L’architecture classique a inspiré la modénature des colonnes : celle-ci reprend les motifs ioniques, corinthiens, romains, doriques ou toscans, ou utilise simplement certaines moulurations typiques telles que le réglet, la baguette, le tore, la scotie, le quart-de-rond, la plinthe, etc.

Le fût de la colonne emprunte différents profils : conique, rond, carré et chanfreiné, rond et cannelé, galbé du bas, galbé du tiers, etc. Cette variété traduit la diversité des styles et des époques. Aussi, lors de travaux de rénovation, les colonnes trop abîmées devraient être remplacées par un modèle approprié, au profil comparable à l’original, pour un meilleur résultat. Malheureusement, les nouvelles colonnes sont souvent de section carrée et mal proportionnées, sans arêtes chanfreinées, offrant une impression de grande fragilité. Elles ne sont pas travaillées avec le souci du détail des colonnes d’origine. Parfois même, certains propriétaires remplacent les colonnes de bois par des colonnes de métal ou de pierre à cannelures, des modèles rarement compatibles avec le style ou la simplicité architecturale du bâtiment.

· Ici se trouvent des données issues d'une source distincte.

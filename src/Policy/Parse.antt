-- ===== src/Policy/Parse.antt =====
-- bothy/policy.py, parse_rules. A window is a whole number of seconds.
use bothy.Common.{
  ℕ, ◌*◌, String, Bool, true, false, Option, none, some, List, [], ◌∷◌, ◌++◌, ◌&&◌, not, any, ltb,
  str_eq, Result, ok, err, ◌>>=◌, ◌>>◌, guard, if◌then◌else◌,
}
use bothy.Json.{
  Json, dict, list, text, number, truth, nothing, Members, Elements, no_elements, element, find,
  keys, all_known,
}
use bothy.Policy.Rules.{Verdict, proceed, deny, guide, confirm, ApprovalRule}

pub data RuleError : Type 0 where
  not_list not_object unknown_key no_text unknown_verdict bad_reason no_guidance window_misplaced :
      RuleError
  bad_window duplicate : RuleError

abbrev pub rule_keys : List String
rule_keys = "server" ∷ "tool" ∷ "verdict" ∷ "reason" ∷ "unless_approved_within" ∷ []

unfoldable pub verdict_named : String → Result RuleError Verdict
verdict_named s =
    if str_eq s "proceed"
    then ok proceed
    else if str_eq s "deny"
    then ok deny
    else if str_eq s "guide"
    then ok guide
    else if str_eq s "confirm"
    then ok confirm
    else err unknown_verdict

unfoldable pub is_guide : Verdict → Bool
is_guide guide = true
is_guide _ = false

unfoldable pub is_confirm : Verdict → Bool
is_confirm confirm = true
is_confirm _ = false

unfoldable pub reason_of : Option Json → Result RuleError String
reason_of none = ok ""
reason_of (some (text s)) = ok s
reason_of (some _) = err bad_reason

-- the window, in microseconds
unfoldable pub window_of : Verdict → Option Json → Result RuleError (Option ℕ)
window_of v none = ok none
window_of v (some nothing) = ok none
window_of v (some (number n)) =
    if is_confirm v
    then (if ltb 0 n then ok (some (n * 1000000)) else err bad_window)
    else err window_misplaced
window_of v (some (text s)) = if is_confirm v then err bad_window else err window_misplaced
window_of v (some (truth b)) = if is_confirm v then err bad_window else err window_misplaced
window_of v (some (list vs)) = if is_confirm v then err bad_window else err window_misplaced
window_of v (some (dict ms)) = if is_confirm v then err bad_window else err window_misplaced

unfoldable pub same_tool : String → String → ApprovalRule → Bool
same_tool server tool r = str_eq r.server server && str_eq r.tool tool

-- `strip` is Python's
module _ (strip : String → String) where
  unfoldable pub is_blank : String → Bool
  is_blank s = str_eq (strip s) ""

  unfoldable pub text_at : Option Json → Result RuleError String
  text_at (some (text s)) = if is_blank s then err no_text else ok s
  text_at _ = err no_text

  -- a rule, among those before it
  unfoldable pub parse_members : List ApprovalRule → Members → Result RuleError ApprovalRule
  parse_members before ms = do
    guard (all_known rule_keys (keys ms)) unknown_key
    server ← text_at (find ms "server")
    tool ← text_at (find ms "tool")
    named ← text_at (find ms "verdict")
    verdict ← verdict_named named
    reason ← reason_of (find ms "reason")
    guard (not (is_guide verdict && is_blank reason)) no_guidance
    window ← window_of verdict (find ms "unless_approved_within")
    guard (not (any (same_tool server tool) before)) duplicate
    ok (record {
      server = server;
      tool = tool;
      verdict = verdict;
      reason = strip reason;
      unless_approved_within = window;
    })

  unfoldable pub parse_entry : List ApprovalRule → Json → Result RuleError ApprovalRule
  parse_entry before (dict ms) = parse_members before ms
  parse_entry before _ = err not_object

  unfoldable pub parse_entries : List ApprovalRule → Elements → Result RuleError (List ApprovalRule)
  parse_entries before no_elements = ok before
  parse_entries before (element v vs) = do
    r ← parse_entry before v
    parse_entries (before ++ r ∷ []) vs

  unfoldable pub parse_rules : Json → Result RuleError (List ApprovalRule)
  parse_rules (list vs) = parse_entries [] vs
  parse_rules _ = err not_list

Pour entretenir et réparer

La question des proportions et des justes dimensions des colonnes demeure déterminante pour le maintien des qualités esthétiques et stylistiques du bâtiment. On devrait prendre davantage de soin à réparer ou à reproduire fidèlement le modèle d’origine et éviter le recours à des modèles vendus dans les grandes surfaces. La qualité de l’architecture est une question de détails et d’interventions mesurées qui protègent la conception première et les caractéristiques souvent uniques à chaque bâtiment.

Pour entretenir le bois, les opérations habituelles s’imposent : grattage, décapage et ponçage suivi de l’application de couches de peinture.

Il peut parfois s’avérer nécessaire de remplacer une partie de la colonne, l’assise à la base, par exemple. Cela n’empêche pas de conserver la majeure partie de la colonne. Pour ce faire, on place d’abord des vérins et des étais de bois pour supporter la structure. On peut ensuite dégager la colonne à réparer, puis la remettre en place une fois le travail terminé. Si la colonne repose sur un pilastre de maçonnerie de pierre ou de brique, l’intervention consistera à consolider cette maçonnerie par son jointoiement ou sa réparation avec la technique appropriée.

François Varin est architecte et directeur de la Fondation Rues principales. Cet organisme oeuvre depuis plus de 20 ans à la revitalisation socioéconomique et au développement durable des municipalités du Québec et d’autres provinces.